• _Your objective_:
Your answer is the lines below, exactly, from the one that contains "no_long_loop memory all_ints" through the one that contains "unfolding resolve chan_type", both included.

Data entries
•••
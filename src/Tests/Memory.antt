-- ===== src/Tests/Memory.antt =====
-- A memory that meets the interface of github.com/nickng/cfsm in Cfsm/Library: machines and states
-- are numbered, and a state is the pair of its machine and its number.
use mathlib.Core.List.Memᴰ
use dingo_hunter.Prelude.{
  ℕ, zero, suc, ◌<◌, ◌≡◌, refl, ◌↔◌, Bool, true, ◌&&◌, Option, none, some, List, [], ◌∷◌, ◌++◌,
  Memᴰ, Memᴰ-concat, nat_beq, nat_beq_iff, if◌then◌else◌, arith, inl, inr,
}
use dingo_hunter.Cfsm.Library.{Cfsm, Action}

abbrev pub Point : Type 0
Point = ℕ × ℕ

abbrev pub point_beq : Point → Point → Bool
point_beq (a, b) (c, d) = nat_beq a c && nat_beq b d

pub point_beq_iff : (p q : Point) → (point_beq p q ≡ true) ↔ (p ≡ q)
point_beq_iff (a, b) (c, d) = ground (arith, nat_beq_iff a c, nat_beq_iff b d)

pub record Memory : Type 0 where
  pub counts : ℕ → ℕ
  pub edges : Point → List (Action ℕ × Point)
  pub starts : ℕ → Option Point

abbrev pub empty : Memory
empty = record { counts = λ m. 0; edges = λ p. []; starts = λ m. none }

abbrev pub new_point : ℕ → Memory → Point × Memory
new_point m w = (
  (m, w.counts m),
  record w {
    counts = λ k. if nat_beq k m then suc (w.counts m) else w.counts k;
    edges = λ p. if point_beq (m, w.counts m) p then [] else w.edges p;
  },
)

abbrev pub add_edge : Point → Action ℕ → Point → Memory → Memory
add_edge q a r w = record w {
  edges = λ p. if point_beq q p then w.edges q ++ (a, r) ∷ [] else w.edges p;
}

abbrev pub upto : ℕ → ℕ → List Point
upto m zero = []
upto m (suc n) = upto m n ++ (m, n) ∷ []

upto-lt : (m k n : ℕ) → Memᴰ (m, k) (upto m n) → k < n
upto-lt m k zero h = absurd (Memᴰ.not-nil h)
upto-lt m k (suc n) h = elim ((Memᴰ-concat (m, k) (m, n) (upto m n)).0 h) [
  | inl before ↦ omega (arith, upto-lt m k n before)
  | inr e ↦ ground arith
]

pub new_point_fresh : (m : ℕ) (w : Memory) → ¬ Memᴰ (m, w.counts m) (upto m (w.counts m))
new_point_fresh m w h = omega (arith, upto-lt m (w.counts m) (w.counts m) h)

pub upto-new_point :
    (m : ℕ) (w : Memory)
    → upto m ((new_point m w).1.counts m) ≡ upto m (w.counts m) ++ (m, w.counts m) ∷ []
upto-new_point m w = rw ((nat_beq_iff m m).1 refl)

abbrev pub memory : Cfsm
memory = record {
  World = Memory;
  Machine = ℕ;
  State = Point;
  state_eq = record { beq = point_beq; beq_iff = point_beq_iff };
  new_state = new_point;
  add_transition = add_edge;
  set_start = λ m q w. record w { starts = λ k. if nat_beq k m then some q else w.starts k };
  states = λ w m. upto m (w.counts m);
  transitions = λ w p. w.edges p;
  start = λ w m. w.starts m;
  machine_id = λ w m. m;
  machine_id-new_state = λ m w p. refl;
  machine_id-add_transition = λ q a r w p. refl;
  machine_id-set_start = λ m q w p. refl;
  new_state_fresh = new_point_fresh;
  states-new_state = upto-new_point;
  transitions-new_state = λ m w q. refl;
  states-add_transition = λ m q a r w. refl;
  transitions-add_transition = λ q a r w p. refl;
  start-set_start = λ m q w. rw ((nat_beq_iff m m).1 refl);
  states-set_start = λ m q w. refl;
  transitions-set_start = λ m q w p. refl;
}
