-- ===== src/Tests/Machines.antt =====
-- The translation to machines (cfsmextract/sesstype/cfsm.go) of small sessions.
use dingo_hunter.Prelude.{ℕ, ◌≡◌, ◌≢◌, refl, ◌↔◌, false, none, some, List, [], ◌∷◌, Memᴰ, arith}
use dingo_hunter.Ssa.{Ssa}
use dingo_hunter.SessType.Node.{Role, Chan, Node, Nodes, nil, cons, label, goto, chan_type}
use dingo_hunter.Cfsm.Library.{Action, send}
use dingo_hunter.Cfsm.Machine.{
  Result, ok, err, root_to_machine, node_to_machine, resolve, is_self_loop, act, add_edge,
}
use dingo_hunter.Cfsm.Machine.Acyclic.{Walk, stay, go, no_long_loop}
use dingo_hunter.Cfsm.Machine.Semantics.{Run, Trace, Resolves}
use dingo_hunter.Cfsm.Machine.Language.Correct.{root_to_machine-language}
use dingo_hunter.Cfsm.Channel.{chan_to_machine}
use dingo_hunter.Cfsm.Channel.Relay.{Relays, chan_to_machine-Relays, end_state_unreachable}
use dingo_hunter.Tests.Memory.{Memory, memory, empty, Point}

abbrev main_role : Role
main_role = record { name = "main"; address = 0 }

abbrev ints : Chan
ints = record { def = record { var = 7; ver = 0 }; role = main_role; extern = false }

abbrev all_ints : Ssa
all_ints = record { chan_elem = λ v. some "int" }

-- The channel has machine 0, the role machine 1.
abbrev machines : List (Chan × ℕ)
machines = (ints, 0) ∷ []

abbrev ping_pong : Nodes → Node
ping_pong rest = label "main" (
    cons
      (Node.send main_role ints false none
        (cons (Node.recv ints main_role false none false rest) nil))
      nil)

-- `for { c <- x; <-c }`
abbrev forever : Node
forever = ping_pong (cons (goto "main" nil) nil)

abbrev translated : Node → Result Memory
translated root = root_to_machine memory all_ints machines 1 root empty

abbrev memory_of : Result Memory → Memory
memory_of (ok w) = w
memory_of (err e) = empty

abbrev after_forever : Memory
unfolding root_to_machine node_to_machine resolve chan_type is_self_loop act add_edge
after_forever = memory_of (translated forever)

forever_runs : translated forever ≡ ok after_forever
unfolding root_to_machine node_to_machine resolve chan_type is_self_loop act add_edge
forever_runs = refl

forever-Walk : Walk memory after_forever (1, 0) (1, 1)
unfolding root_to_machine node_to_machine resolve chan_type is_self_loop act add_edge
forever-Walk = go (send 0 "int") stay (Memᴰ.head refl)

forever_known : Memᴰ (1, 0) (memory.states after_forever 1)
unfolding root_to_machine node_to_machine resolve chan_type is_self_loop act add_edge
forever_known = Memᴰ.head refl

forever_differ : ◌≢◌ {A = Point} (1, 0) (1, 1)
forever_differ e = ground arith

-- The loop back from the last state to the start is not there.
no_long_loop_example : ¬ Walk memory after_forever (1, 1) (1, 0)
no_long_loop_example =
    no_long_loop memory all_ints machines 1 forever empty after_forever (1, 0) (1, 1) refl
      forever_runs forever_known forever_differ forever-Walk

abbrev once : Node
once = ping_pong nil

once-Resolves : Resolves memory all_ints machines 1 once
unfolding resolve chan_type
once-Resolves = (((0, "int", refl), (((0, "int", refl), tt), tt)), tt)

root_to_machine-language_example :
    (w' : Memory) × (q0 : Point) × (root_to_machine memory all_ints machines 1 once empty ≡ ok w')
    × (w'.starts 1 ≡ some q0)
    × ((word : List (Action ℕ))
        → Run memory w' q0 word ↔ Trace memory all_ints machines 1 (cons once nil) word)
root_to_machine-language_example =
    root_to_machine-language memory all_ints machines 1 once empty ((tt, tt), tt) once-Resolves

chan_to_machine-Relays_example :
    ((chan_to_machine memory 0 "int" (1 ∷ 2 ∷ []) empty).starts 0 ≡ some (0, 0))
    × ((word : List (Action ℕ))
        → Run memory (chan_to_machine memory 0 "int" (1 ∷ 2 ∷ []) empty) (0, 0) word
          ↔ Relays (λ p. p) "int" (1 ∷ 2 ∷ []) word)
chan_to_machine-Relays_example = chan_to_machine-Relays memory 0 "int" (1 ∷ 2 ∷ []) empty

end_state_unreachable_example :
    ¬ Walk memory (chan_to_machine memory 0 "int" (1 ∷ 2 ∷ []) empty) (0, 0) (0, 1)
end_state_unreachable_example = end_state_unreachable memory 0 "int" (1 ∷ 2 ∷ []) empty
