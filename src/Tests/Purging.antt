-- ===== src/Tests/Purging.antt =====
-- Channel operations on channels of two types.
use dingo_hunter.Prelude.{ℕ, zero, suc, ◌≡◌, refl, Option, some, List, [], ◌∷◌}
use dingo_hunter.Fairness.{chan_send, chan_recv, chan_close}
use dingo_hunter.ChanOps.{ChanOp, purge_chan_ops}
use dingo_hunter.ChanOps.Purge.{Matching, purge_chan_ops-Matching}

-- The channels 0 and 2 have one type, 1 has another.
abbrev elem_type : ℕ → Option ℕ
elem_type zero = some 7
elem_type (suc zero) = some 8
elem_type (suc (suc n)) = some 7

abbrev ops : List ChanOp
ops =
    record { value = 1; typ = chan_send; pos = 3 }
    ∷ record { value = 2; typ = chan_recv; pos = 4 }
    ∷ record { value = 0; typ = chan_close; pos = 5 }
    ∷ []

purge_chan_ops-Matching_example :
    (ops' : List ChanOp) × (purge_chan_ops elem_type ops 0 ≡ some ops')
    × Matching elem_type 0 7 ops ops'
purge_chan_ops-Matching_example =
    purge_chan_ops-Matching elem_type 0 7 ops refl ((8, refl), ((7, refl), ((7, refl), tt)))
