-- ===== src/Tests/Sessions.antt =====
-- Definitions, nodes, roles and stacks of a small session.
use mathlib.Core.List.{head?}
use dingo_hunter.Prelude.{
  ◌+◌, ◌≡◌, ◌≢◌, refl, ◌⊎◌, String, none, some, List, [], ◌∷◌, arith, lookup, string_eq, nat_eq,
}
use dingo_hunter.Definition.{Definition, new_def, fresh_def, bump, issue}
use dingo_hunter.Definition.Fresh.{IsUnique, issue-IsUnique}
use dingo_hunter.SessType.Node.{
  Node, kind, children, append, len, child, count_nodes, new_label_node, new_goto_node,
}
use dingo_hunter.SessType.Node.Count.{append_lem}
use dingo_hunter.SessType.Session.{create_session, get_role}
use dingo_hunter.SessType.Session.Laws.{IsInterned, create_session-IsInterned, get_role_interns}
use dingo_hunter.SessType.Stack.{NodeStack, push, pop, top, size}
use dingo_hunter.SessType.Stack.Laws.{IsValid, items, pop_list, stack-refines}

abbrev three : List Definition
three = record { var = 4; ver = 0 } ∷ record { var = 5; ver = 0 } ∷ record { var = 4; ver = 1 } ∷ []

three_issued : issue (some 4 ∷ some 5 ∷ some 4 ∷ []) [] ≡ some three
unfolding issue new_def fresh_def bump
three_issued = refl

issue-IsUnique_example : IsUnique three
issue-IsUnique_example = issue-IsUnique (some 4 ∷ some 5 ∷ some 4 ∷ []) [] three three_issued

abbrev loop : Node
loop = new_label_node "loop"

append_example :
    (kind (append loop (new_goto_node "loop")) ≡ kind loop)
    × (count_nodes (append loop (new_goto_node "loop"))
        ≡ count_nodes loop + count_nodes (new_goto_node "loop"))
    × (child (append loop (new_goto_node "loop")) (len (children loop))
        ≡ some (new_goto_node "loop"))
append_example = append_lem loop (new_goto_node "loop")

main_differs : ◌≢◌ {A = String} "main" "worker"
main_differs e = let same = (string_eq.beq_iff "main" "worker").1 e in cc

get_role_interns_example :
    ((get_role create_session "main").0.name ≡ "main")
    × IsInterned (get_role create_session "main").1
    × (get_role (get_role create_session "main").1 "main" ≡ get_role create_session "main")
    × (lookup "worker" (get_role create_session "main").1.roles
        ≡ lookup "worker" create_session.roles)
    × ((get_role create_session "main").1.types ≡ create_session.types)
    × ((get_role create_session "main").1.chans ≡ create_session.chans)
get_role_interns_example =
    get_role_interns create_session "main" "worker" create_session-IsInterned main_differs

-- A stack whose slice still holds a node that was popped.
abbrev stale : NodeStack Node
stale = record { nodes = loop ∷ new_goto_node "old" ∷ []; count = 1 }

stale-IsValid : IsValid stale
stale-IsValid = omega arith

stack-refines_example :
    IsValid (push stale loop)
    × (items (push stale loop) ≡ loop ∷ items stale)
    × (size (push stale loop) ≡ size stale + 1)
    × (top stale ≡ head? (items stale))
    × ((pop stale ≡ none) × (items stale ≡ [])
        ⊎ ((s' : NodeStack Node) × (pop stale ≡ some s')
            × IsValid s'
            × (some (items s') ≡ pop_list (items stale))))
stack-refines_example = stack-refines stale loop stale-IsValid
•••
• _Expected answer_:
    no_long_loop memory all_ints machines 1 forever empty after_forever (1, 0) (1, 1) refl
      forever_runs forever_known forever_differ forever-Walk

abbrev once : Node
once = ping_pong nil

once-Resolves : Resolves memory all_ints machines 1 once
unfolding resolve chan_type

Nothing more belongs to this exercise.